A tool-chain centric approach does not address the needs of today’s companies which must build (and want to build) more complicated products that require multi-domain expertise spread among dispersed design teams. Companies are also being forced to implement multiple tool-chains for PCB, FPGA and embedded software development.  This new generation of product development is elevating the importance of data management and process over so-called best-in-class tools.

And so the question becomes this: can a tool-centric approach alone add the productivity improvements necessary for product development companies to compete on the worldwide stage.

The alternative is a layered platform architecture that unifies PCB, FPGA and embedded software development into one application and offers powerful data management capabilities and ease of use.  At the foundation is a unified data model with an adjacent data management layer to enable numerous data management benefits including versioning and ECO management.  Powerful data management capabilities including difference visualization between two schematic or PCB versions improves overall data integrity within the design process.  Another benefit is a unified project view that contains FPGA, PCB and embedded software design files.  Team collaboration and concurrency are achieved by all team members working through the project view.  

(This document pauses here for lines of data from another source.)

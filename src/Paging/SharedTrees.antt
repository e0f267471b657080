-- ===== src/Paging/SharedTrees.antt =====
-- arch/x86_64/src/paging.rs: a table outside the tree that is filled with entries of its root leaves
-- the tree and its translations as they were, and is the root of a tree.
use aion_so.Base.{
  ℕ, suc, Bool, List, [], ◌∷◌, ◌+◌, length, ◌⊎◌, ◌<◌, ◌≤◌, ◌≡◌, refl, sym, ap, ◌∙◌, true, ◌==◌, ◌⊎◌,
  if◌then◌else◌, arith, ◌≢◌, inl, inr, Bool-cases, ==_refl, ==→eq, ==→ne, ==_of_ne,
}
use aion_so.Paging.Entries.{is_set, present, writable}
use aion_so.Paging.Bits.{is_set_zero}
use aion_so.Paging.Tree.{Entries, links, points_to, IsTree, IsIndices, visit_alike}
use aion_so.Paging.{translate_from}

-- Memory that differs only in a table outside the tree.
pub agree_sees :
    (rank : ℕ → ℕ) (m m' : Entries) (n : ℕ)
    → IsTree rank m
    → 4 ≤ rank n
    → ((a i : ℕ) → a ≢ n → m' a i ≡ m a i)
    → (va k : ℕ) (is : List ℕ) (t : ℕ) (w : Bool) → IsIndices is
    → rank t ≡ k
    → k < 4
    → k + length is ≡ 4
    → translate_from m' va k is t w ≡ translate_from m va k is t w
unfolding translate_from
agree_sees rank m m' n tr fresh same va k [] t w hi r lt d = refl
agree_sees rank m m' n tr fresh same va k (i ∷ is) t w hi r lt d =
    visit_alike m m' va k i is t t w (same t i (λ p. omega (arith, ap rank p)))
      (λ on h.
        agree_sees rank m m' n tr fresh same va (suc k) is (points_to (m t i)) _ hi.1
          (omega (arith, tr.deeper t i (omega arith) hi.0 on)) (omega arith) (omega arith))
      (omega arith)

-- Tables that are a tree below `root`, with no table among those that were outside the old tree.
pub record Planted (rank : ℕ → ℕ) (m : Entries) (root : ℕ) : Type 0 where
  pub rank' : ℕ → ℕ
  pub tree : IsTree rank' m
  pub top : rank' root ≡ 0
  pub apart : (a : ℕ) → 4 ≤ rank a → a ≢ root → 4 ≤ rank' a

module _ (rank : ℕ → ℕ) (m m' : Entries) (tr : IsTree rank m) (n : ℕ) (fresh : 4 ≤ rank n)
    (same : (a i : ℕ) → a ≢ n → m' a i ≡ m a i) where
  outside : (t i : ℕ) → rank t < 3 → m' t i ≡ m t i
  outside t i h = same t i (λ p. omega (arith, ap rank p))

  -- A table outside the tree is written to.
  pub agree-IsTree : IsTree rank m'
  agree-IsTree = record {
    deeper = λ t i h hi on.
        rw (outside t i h) (tr.deeper t i h hi (sym (ap links (outside t i h)) ∙ on));
    single = λ t i t' i' h hi on h' hi' on' e.
        tr.single t i t' i' h hi (sym (ap links (outside t i h)) ∙ on) h' hi'
          (sym (ap links (outside t' i' h')) ∙ on')
          (sym (ap points_to (outside t i h)) ∙ e ∙ ap points_to (outside t' i' h'));
    granting = λ t i h hi on.
        rw (outside t i h) (tr.granting t i h hi (sym (ap links (outside t i h)) ∙ on));
  }

  module _ (root : ℕ) (top : rank root ≡ 0)
      (copies : (i : ℕ) → i < 512 → (m' n i ≡ m root i) ⊎ (m' n i ≡ 0)) where
    -- The tables below the new root: it, and those below the old one.
    unfoldable new_rank : ℕ → ℕ
    new_rank a = if a == n then 0 else if a == root then 4 else rank a

    -- The table that an entry below the new root was copied from.
    unfoldable origin : ℕ → ℕ
    origin t = if t == n then root else t

    new_rank_new : new_rank n ≡ 0
    unfolding new_rank
    new_rank_new = rw (==_refl n) refl

    new_rank_below : (a : ℕ) → 0 < rank a → rank a < 4 → new_rank a ≡ rank a
    unfolding new_rank
    new_rank_below a lo hi =
        rw
          (
            ==_of_ne a n (λ p. omega (arith, ap rank p)),
            ==_of_ne a root (λ p. omega (arith, ap rank p)),
          )
          refl

    new_rank_apart : (a : ℕ) → 4 ≤ rank a → a ≢ n → 4 ≤ new_rank a
    unfolding new_rank
    new_rank_apart a h ne = rw (==_of_ne a n ne, ==_of_ne a root (λ p. omega (arith, ap rank p))) h

    no_link : {e : ℕ} → e ≡ 0 → ¬ (links e ≡ true)
    no_link z on = ground (arith, ap (λ x. is_set x present) z ∙ is_set_zero, on)

    origin_lem :
        (t i : ℕ)
        → new_rank t < 3
        → i < 512
        → links (m' t i) ≡ true
        → (m' t i ≡ m (origin t) i) × (rank (origin t) ≡ new_rank t)
    unfolding new_rank origin
    origin_lem t i h hi on = elim (Bool-cases (t == n)) [
      | inl e ↦
          let at : t ≡ n = ==→eq t n e in
          let here : m' t i ≡ m' n i = ap (λ a. m' a i) at in
          elim (copies i hi) [
            | inl copy ↦ rw e (here ∙ copy, top)
            | inr nothing ↦ absurd (no_link (here ∙ nothing) on)
          ]
      | inr e ↦ elim (Bool-cases (t == root)) [
        | inl r ↦ absurd (ground (arith, h, e, r))
        | inr r ↦ rw (e, r) (same t i (==→ne t n e), refl)
      ]
    ]

    origin_inj : (t u : ℕ) → new_rank t < 3 → new_rank u < 3 → origin t ≡ origin u → t ≡ u
    unfolding new_rank origin
    origin_inj t u h k e = ground arith

    -- An entry below the new root leads to neither root.
    new_deeper :
        (t i : ℕ)
        → new_rank t < 3
        → i < 512
        → links (m' t i) ≡ true
        → new_rank (points_to (m' t i)) ≡ suc (new_rank t)
    new_deeper t i h hi on =
        let (copy, level) = origin_lem t i h hi on in
        let deep : rank (points_to (m' t i)) ≡ suc (rank (origin t)) =
          ap (λ e. rank (points_to e)) copy
          ∙ tr.deeper (origin t) i (omega arith) hi (sym (ap links copy) ∙ on) in
        new_rank_below (points_to (m' t i)) (omega arith) (omega arith) ∙ deep ∙ ap suc level

    new-IsTree : IsTree new_rank m'
    new-IsTree = record {
      deeper = new_deeper;
      single = λ t i u j h hi on h' hj on' e.
          let (copy, level) = origin_lem t i h hi on in
          let (copy', level') = origin_lem u j h' hj on' in
          let (from, at) =
            tr.single (origin t) i (origin u) j (omega arith) hi (sym (ap links copy) ∙ on)
              (omega arith) hj (sym (ap links copy') ∙ on')
              (sym (ap points_to copy) ∙ e ∙ ap points_to copy') in
          (origin_inj t u h h' from, at);
      granting = λ t i h hi on.
          let (copy, level) = origin_lem t i h hi on in
          ap (λ e. is_set e writable) copy
          ∙ tr.granting (origin t) i (omega arith) hi (sym (ap links copy) ∙ on);
    }

    pub new-Planted : Planted rank m' n
    new-Planted = record {
      rank' = new_rank;
      tree = new-IsTree;
      top = new_rank_new;
      apart = new_rank_apart;
    }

The tool layer spans PCB, FPGA and embedded software design all supported by a single data model.  Tools are now views into the unified data model.  Contrast this to the tool-chain model where each tool has its own storage database – 10 tools with 10 different storage representations.   The PCB tool can easily be extended to support both 2D and 3D by enhancing the data model.  3D STEP models are now easily exchanged with the MCAD tools for clearance checking. 

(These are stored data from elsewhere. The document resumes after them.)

-- ===== src/Paging/Sharing.antt =====
-- arch/x86_64/src/paging.rs: a process's space has the kernel's half and an empty lower half.
use aion_so.Base.{
  ℕ, ◌<◌, ◌≤◌, ◌≡◌, refl, sym, ap, ◌∙◌, true, [], ◌∷◌, Option, none, some, arith, ltb, ltb→lt, ◌≢◌,
  inl, inr, ◌⊎◌, Bool-cases, add64,
}
use aion_so.Hal.Frame.{PhysFrame}
use aion_so.Hal.Paging.{MapError}
use aion_so.Paging.Entries.{
  is_set, present, kernel_space_base, table_indices, index_at, is_canonical,
}
use aion_so.Paging.Bits.{is_set_zero}
use aion_so.Paging.Tree.{IsTree, IsIndices, points_to, visit-absent, visit_alike}
use aion_so.Paging.Growth.{zeroed_other, zeroed_same}
use aion_so.Paging.Indices.{table_indices_bounds, length-table_indices}
use aion_so.Paging.Leaf.{Untouched, translate_at, translate_not, translate-Alike}
use aion_so.Paging.Descent.{Promises}
use aion_so.Paging.Mapping.{IsSound}
use aion_so.Paging.Spaces.{copied, shared, new_process_space, kernel_slot}
use aion_so.Paging.{
  PageTables, Mapper, FrameAllocator, granted, reaches, new_table, translate, translate_from,
  zeroed,
}
use aion_so.Paging.Copying.{copied_other, copied_below, copied_at, high_index, low_index}
use aion_so.Paging.SharedTrees.{Planted, agree_sees, agree-IsTree, new-Planted}

-- The tables of the kernel after, and those of the process.
pub record Shares (t t' p : PageTables) : Type 0 where
  pub kept : Untouched t t'
  pub kernel : (va : ℕ) → kernel_space_base ≤ va → translate p va ≡ translate t va
  pub empty : (va : ℕ) → va < kernel_space_base → translate p va ≡ none

module _ (t : PageTables) (rank : ℕ → ℕ) (tr : IsTree rank t.access.entries) (top : rank t.root ≡ 0)
    (n : ℕ) (fresh : 4 ≤ rank n) (t' : PageTables) (root : t'.root ≡ t.root)
    (memory : t'.access.entries
      ≡ copied (zeroed t.access.entries n 512) t.root n kernel_slot 256) where
  old_root : t.root ≢ n
  old_root p = omega (arith, ap rank p)

  same : (a i : ℕ) → a ≢ n → t'.access.entries a i ≡ t.access.entries a i
  same a i ne =
      rw memory (
        copied_other _ t.root n kernel_slot 256 a i ne ∙ zeroed_other t.access.entries n 512 a i ne)

  high_entry : (i : ℕ) → 256 ≤ i → i < 512 → t'.access.entries n i ≡ t.access.entries t.root i
  high_entry i lo hi = rw memory (
      copied_at _ t.root n kernel_slot 256 i old_root lo (omega arith)
      ∙ zeroed_other t.access.entries n 512 t.root i old_root)

  low_entry : (i : ℕ) → i < 256 → t'.access.entries n i ≡ 0
  low_entry i hi = rw memory (
      copied_below _ t.root n kernel_slot 256 i hi
      ∙ zeroed_same t.access.entries n 512 i (omega arith))

  kernel_walk :
      (va : ℕ)
      → kernel_space_base ≤ va
      → is_canonical va ≡ true
      → translate_from t'.access.entries va 0 (table_indices va) n true
        ≡ translate_from t.access.entries va 0 (table_indices va) t.root true
  unfolding table_indices is_canonical
  kernel_walk va h c =
      let hi : IsIndices (table_indices va) = table_indices_bounds va in
      let high : 256 ≤ index_at va 39 = high_index va h c in
      visit_alike t.access.entries t'.access.entries va 0 (index_at va 39)
        (index_at va 30 ∷ index_at va 21 ∷ index_at va 12 ∷ []) t.root n true
        (high_entry (index_at va 39) high hi.0)
        (λ on _.
          agree_sees rank t.access.entries t'.access.entries n tr fresh same va 1 _
            (points_to (t.access.entries t.root (index_at va 39))) _ hi.1
            (omega (arith, tr.deeper t.root (index_at va 39) (omega (arith, top)) hi.0 on, top))
            (omega arith) (omega arith))
        (omega arith)

  empty_walk :
      (va : ℕ)
      → va < kernel_space_base
      → is_canonical va ≡ true
      → translate_from t'.access.entries va 0 (table_indices va) n true ≡ none
  unfolding table_indices
  empty_walk va h c =
      visit-absent t'.access.entries va 0 (index_at va 39) _ n true
        (ap (λ e. is_set e present) (low_entry (index_at va 39) (low_index va h c)) ∙ is_set_zero)

  shares : (p : PageTables) → p.root ≡ n → p.access.entries ≡ t'.access.entries → Shares t t' p
  shares p pr pm = record {
    kept = λ va. translate-Alike t t' va root (
        agree_sees rank t.access.entries t'.access.entries n tr fresh same va 0 (table_indices va)
          t.root true (table_indices_bounds va) top (omega arith)
          (omega (arith, length-table_indices va)));
    kernel = λ va h. elim (Bool-cases (is_canonical va)) [
      | inr off ↦ translate_not p va off ∙ sym (translate_not t va off)
      | inl on ↦
          translate_at p va on ∙ rw (pm, pr) (kernel_walk va h on) ∙ sym (translate_at t va on)
    ];
    empty = λ va h. elim (Bool-cases (is_canonical va)) [
      | inr off ↦ translate_not p va off
      | inl on ↦ translate_at p va on ∙ rw (pm, pr) (empty_walk va h on)
    ];
  }

  kernel-IsTree : IsTree rank t'.access.entries
  kernel-IsTree = agree-IsTree rank t.access.entries t'.access.entries tr n fresh same

  process_tree : Planted rank t'.access.entries n
  process_tree =
      new-Planted rank t.access.entries t'.access.entries tr n fresh same t.root top (λ i hi.
        elim (Bool-cases (ltb i 256)) [
          | inl l ↦ inr (low_entry i (ltb→lt i 256 l))
          | inr g ↦ inl (high_entry i (ground (arith, g)) hi)
        ])

module _ {F : Type 0} (source : FrameAllocator F) (Free : F → ℕ → Type 0)
    (laws : Promises source Free) where
  abbrev pub Sound : Mapper F → Type 0
  Sound = IsSound source Free laws

  abbrev pub Answers : Mapper F → Mapper F × (MapError ⊎ PageTables) → Type 0
  Answers m r =
      ((err : MapError) × (r.1 ≡ inl err)
        × (IsSound source Free laws r.0 × Untouched m.tables r.0.tables))
      ⊎ ((p : PageTables) × (r.1 ≡ inr p)
          × (IsSound source Free laws r.0
              × (IsSound source Free laws (record r.0 { tables = p })
                  × Shares m.tables r.0.tables p)))

  -- The tables are as they were, and the frames that are left are among those that were free.
  pub left_alone :
      (m : Mapper F) (s : Sound m) (f : F)
      → laws.Good f
      → ((a : ℕ) → Free f a → Free m.frames a)
      → Sound (record m { frames = f })
  left_alone m s f good left = record {
    rank = s.rank;
    tree = s.tree;
    top = s.top;
    apart = (good, λ a h. s.apart.1 a (left a h));
  }

  shared_lem :
      (m : Mapper F)
      → Sound m
      → (a : Option PhysFrame × F) → source.allocate_frame m.frames ≡ a
      → Answers m (shared (granted m.tables a))
  unfolding granted shared
  shared_lem m s (none, f) e =
      let (good, left) = laws.stops m.frames f s.apart.0 e in
      inl (MapError.out_of_frames, refl, (left_alone m s f good left, λ va. refl))
  shared_lem m s (some fr, f) e =
      let n : ℕ = fr.start.as_u64 in
      let (good, (free, (frame, left))) = laws.gives m.frames f fr s.apart.0 e in
      elim (Bool-cases (reaches n (translate m.tables (add64 m.tables.access.window n)))) [
        | inr off ↦ rw off (
            inl (
              MapError.table_frame_not_writable,
              refl,
              (left_alone m s f good (λ a h. (left a h).0), λ va. refl),
            ))
        | inl on ↦
            let fresh : 4 ≤ s.rank n = s.apart.1 n free in
            let t' : PageTables = record m.tables {
              access = record m.tables.access {
                entries =
                    copied (zeroed m.tables.access.entries n 512) m.tables.root n kernel_slot 256;
              };
            } in
            let own : Planted s.rank t'.access.entries n =
              process_tree m.tables s.rank s.tree s.top n fresh t' refl refl in
            rw on (
              inr (
                _,
                refl,
                (
                  record {
                    rank = s.rank;
                    tree = kernel-IsTree m.tables s.rank s.tree s.top n fresh t' refl refl;
                    top = s.top;
                    apart = (good, λ a h. s.apart.1 a (left a h).0);
                  },
                  (
                    record {
                      rank = own.rank';
                      tree = own.tree;
                      top = own.top;
                      apart = (
                        good,
                        λ a h. let (was, ne) = left a h in own.apart a (s.apart.1 a was) ne,
                      );
                    },
                    shares m.tables s.rank s.tree s.top n fresh _ refl refl _ refl refl,
                  ),
                ),
              ))
      ]

  -- On page tables that form a tree with writable links, and with no table among the free frames, a
  -- new process space either fails, and every translation of the kernel stays; or it is made: the
  -- kernel's translations stay, the process sees in kernel space exactly what the kernel sees
  -- there, and nothing below it. The kernel's page tables are such a tree in every case, and so are
  -- those of the process.
  pub new_process_space_lem :
      (m : Mapper F) → IsSound source Free laws m → Answers m (new_process_space source m)
  unfolding new_process_space new_table
  new_process_space_lem m s = shared_lem m s (source.allocate_frame m.frames) refl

The IP layer is next and provides IP for FPGA and software development.  Included is a library of common peripheral cores (e.g. Ethernet, USB, PS/2, etc) that can be used to quickly expand design functionality.  Once the peripherals on designed into the FPGA, the software platform builder creates the software stack for each peripheral to allow you to focus on your product differentiating coding efforts and not device driver development. 

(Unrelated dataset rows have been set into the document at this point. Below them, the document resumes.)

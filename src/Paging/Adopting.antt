-- ===== src/Paging/Adopting.antt =====
-- arch/x86_64/src/paging.rs: `adopt`, which goes on with a copy of the firmware's root.
use aion_so.Base.{
  ℕ, zero, suc, ◌+◌, ◌<◌, ◌≤◌, ◌≡◌, refl, sym, ap, ◌∙◌, Bool, true, false, [], ◌∷◌, Option, none,
  some, ◌==◌, arith, if◌then◌else◌, ◌≢◌, inl, inr, Bool-cases, ==→eq, add64,
}
use aion_so.Hal.Frame.{PhysFrame}
use aion_so.Paging.Entries.{
  is_set, present, kernel_space_base, table_indices, index_at, is_canonical,
}
use aion_so.Paging.Tree.{Entries, IsTree, IsIndices, points_to, visit-absent, visit_alike}
use aion_so.Paging.Growth.{zeroed_other}
use aion_so.Paging.Indices.{table_indices_bounds}
use aion_so.Paging.Leaf.{Untouched, translate_at, translate_not}
use aion_so.Paging.Descent.{Promises}
use aion_so.Paging.Mapping.{IsSound}
use aion_so.Paging.Copying.{copied_other, copied_at, high_index}
use aion_so.Paging.SharedTrees.{Planted, agree_sees, new-Planted}
use aion_so.Paging.Sharing.{left_alone}
use aion_so.Paging.Spaces.{PagingError, any_present, copied, kernel_slot, adopted, adopt}
use aion_so.Paging.{
  Access, PageTables, Mapper, FrameAllocator, granted, reaches, new_table, translate,
  translate_from, zeroed,
}

any_present-none :
    (e : Entries) (table first n i : ℕ)
    → any_present e table first n ≡ false
    → first ≤ i
    → i < first + n
    → is_set (e table i) present ≡ false
unfolding any_present
any_present-none e table first zero i h lo hi = absurd (omega arith)
any_present-none e table first (suc n) i h lo hi = elim (Bool-cases (i == first + n)) [
  | inl p ↦ ap (λ x. is_set (e table x) present) (==→eq i (first + n) p) ∙ ground (arith, h)
  | inr p ↦ any_present-none e table first n i (ground (arith, h)) lo (ground (arith, p))
]

-- No entry of the upper half of the root is there.
upper_half_empty :
    (t : PageTables)
    → any_present t.access.entries t.root kernel_slot 256 ≡ false
    → (va : ℕ) → kernel_space_base ≤ va
    → translate t va ≡ none
unfolding table_indices
upper_half_empty t off va h = elim (Bool-cases (is_canonical va)) [
  | inr c ↦ translate_not t va c
  | inl c ↦
      translate_at t va c
      ∙ visit-absent t.access.entries va 0 (index_at va 39) _ t.root true (
          any_present-none t.access.entries t.root 256 256 (index_at va 39) off (high_index va h c)
            (table_indices_bounds va).0)
]

module _ (t : PageTables) (rank : ℕ → ℕ) (tr : IsTree rank t.access.entries) (top : rank t.root ≡ 0)
    (n : ℕ) (fresh : 4 ≤ rank n) (t' : PageTables) (root : t'.root ≡ n)
    (memory : t'.access.entries ≡ copied (zeroed t.access.entries n 512) t.root n 0 512) where
  away : t.root ≢ n
  away p = omega (arith, ap rank p)

  same : (a i : ℕ) → a ≢ n → t'.access.entries a i ≡ t.access.entries a i
  same a i ne =
      rw memory (copied_other _ t.root n 0 512 a i ne ∙ zeroed_other t.access.entries n 512 a i ne)

  entry : (i : ℕ) → i < 512 → t'.access.entries n i ≡ t.access.entries t.root i
  entry i hi = rw memory (
      copied_at _ t.root n 0 512 i away (omega arith) (omega arith)
      ∙ zeroed_other t.access.entries n 512 t.root i away)

  copy_tree : Planted rank t'.access.entries n
  copy_tree =
      new-Planted rank t.access.entries t'.access.entries tr n fresh same t.root top
        (λ i hi. inl (entry i hi))

  copy_walk :
      (va : ℕ)
      → translate_from t'.access.entries va 0 (table_indices va) n true
        ≡ translate_from t.access.entries va 0 (table_indices va) t.root true
  unfolding table_indices
  copy_walk va =
      let hi : IsIndices (table_indices va) = table_indices_bounds va in
      visit_alike t.access.entries t'.access.entries va 0 (index_at va 39)
        (index_at va 30 ∷ index_at va 21 ∷ index_at va 12 ∷ []) t.root n true
        (entry (index_at va 39) hi.0)
        (λ on _.
          agree_sees rank t.access.entries t'.access.entries n tr fresh same va 1 _
            (points_to (t.access.entries t.root (index_at va 39))) _ hi.1
            (omega (arith, tr.deeper t.root (index_at va 39) (omega (arith, top)) hi.0 on, top))
            (omega arith) (omega arith))
        (omega arith)

  copy-Untouched : Untouched t t'
  copy-Untouched va = elim (Bool-cases (is_canonical va)) [
    | inr c ↦ translate_not t' va c ∙ sym (translate_not t va c)
    | inl c ↦
        translate_at t' va c
        ∙ ap (λ x. translate_from t'.access.entries va 0 (table_indices va) x true) root
        ∙ copy_walk va
        ∙ sym (translate_at t va c)
  ]

-- The tables go on under a root of their own.
pub record Adopted (t t' : PageTables) : Type 0 where
  pub moved : t'.root ≢ t.root
  pub untouched :
      (table i : ℕ) → table ≢ t'.root → t'.access.entries table i ≡ t.access.entries table i
  pub empty : (va : ℕ) → kernel_space_base ≤ va → translate t va ≡ none

module _ {F : Type 0} (source : FrameAllocator F) (Free : F → ℕ → Type 0)
    (laws : Promises source Free) where
  abbrev pub GoesOn : Mapper F → Mapper F × Option PagingError → Type 0
  GoesOn m r =
      (IsSound source Free laws r.0 × Untouched m.tables r.0.tables)
      × ((r.1 ≡ none → Adopted m.tables r.0.tables)
          × ((r.1 ≡ some PagingError.kernel_space_in_use
                → any_present m.tables.access.entries m.tables.root kernel_slot 256 ≡ true)
              × (any_present m.tables.access.entries m.tables.root kernel_slot 256 ≡ true
                  → r.1 ≡ some PagingError.kernel_space_in_use)))

  adopted_lem :
      (m : Mapper F)
      → IsSound source Free laws m
      → any_present m.tables.access.entries m.tables.root kernel_slot 256 ≡ false
      → (a : Option PhysFrame × F) → source.allocate_frame m.frames ≡ a
      → GoesOn m (adopted m.tables.root (granted m.tables a))
  unfolding granted adopted
  adopted_lem m s off (none, f) e =
      let (good, left) = laws.stops m.frames f s.apart.0 e in
      (
        (left_alone source Free laws m s f good left, λ va. refl),
        ((λ p. ground arith), ((λ p. ground (arith, p)), λ p. ground (arith, off, p))),
      )
  adopted_lem m s off (some fr, f) e =
      let n : ℕ = fr.start.as_u64 in
      let (good, (free, (frame, left))) = laws.gives m.frames f fr s.apart.0 e in
      elim (Bool-cases (reaches n (translate m.tables (add64 m.tables.access.window n)))) [
        | inr r ↦ rw r (
          (left_alone source Free laws m s f good (λ a h. (left a h).0), λ va. refl),
          ((λ p. ground arith), ((λ p. ground (arith, p)), λ p. ground (arith, off, p))),
        )
        | inl r ↦
            let fresh : 4 ≤ s.rank n = s.apart.1 n free in
            let t' : PageTables = record {
              root = n;
              access = record m.tables.access {
                entries = copied (zeroed m.tables.access.entries n 512) m.tables.root n 0 512;
              };
            } in
            let own : Planted s.rank t'.access.entries n =
              copy_tree m.tables s.rank s.tree s.top n fresh t' refl refl in
            rw r (
              (
                record {
                  rank = own.rank';
                  tree = own.tree;
                  top = own.top;
                  apart =
                      (good, λ a h. let (was, ne) = left a h in own.apart a (s.apart.1 a was) ne);
                },
                copy-Untouched m.tables s.rank s.tree s.top n fresh t' refl refl,
              ),
              (
                (λ p. record {
                  moved = λ q. away m.tables s.rank s.tree s.top n fresh t' refl refl (sym q);
                  untouched = same m.tables s.rank s.tree s.top n fresh t' refl refl;
                  empty = upper_half_empty m.tables off;
                }),
                ((λ p. ground (arith, p)), λ p. ground (arith, off, p)),
              ),
            )
      ]

  checked_lem :
      (m : Mapper F) (b : Bool)
      → any_present m.tables.access.entries m.tables.root kernel_slot 256 ≡ b
      → IsSound source Free laws m
      → GoesOn m (
          if b
          then (m, some PagingError.kernel_space_in_use)
          else adopted m.tables.root (granted m.tables (source.allocate_frame m.frames)))
  checked_lem m true on s = ((s, λ va. refl), ((λ p. ground arith), ((λ p. on), λ p. refl)))
  checked_lem m false off s = adopted_lem m s off (source.allocate_frame m.frames) refl

  -- On page tables that form a tree with writable links, and with no table among the free frames,
  -- `adopt` leaves such page tables with the same translations, whatever it answers. When it
  -- succeeds, the root is a new table, no other table has been written to, and nothing is mapped in
  -- kernel space. It refuses kernel space as in use exactly if an entry of the upper half of the
  -- root is present.
  pub adopt_lem :
      (access : Access) (old_root : ℕ) (frames : F)
      → let m : Mapper F = record {
        tables = record { root = old_root; access = access };
        frames = frames;
      } in
        IsSound source Free laws m → GoesOn m (adopt source access old_root frames)
  unfolding adopt new_table
  adopt_lem access old_root frames s = checked_lem _ _ refl s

The platform based solution builds a data management foundation without compromising tools performance.  Ease of use improves because the solution has a common data foundation and is one executable.  Engineers can now focus on product differentiation and not solving tool-chain headaches. Altium has developed a platform based design solution called Altium Designer.  Companies switching to a platform based design process are doubling their productivity as compared to traditional tool-chains.  

 

Author:  Bob Potock, Altium North America

Bob Potock is the Director of Technical Marketing for Altium North America and has been involved in board-based system and FPGA design throughout most of his career. He has held positions in software/hardware engineering, marketing and field operations at companies that include Mentor Graphics, AT&T Bell Labs, Intel, Burroughs, Cadnetix and NeoCAD. Bob holds a BSEE from Case Western Reserve University and an MBA from Regis University. He joined Altium in 2009.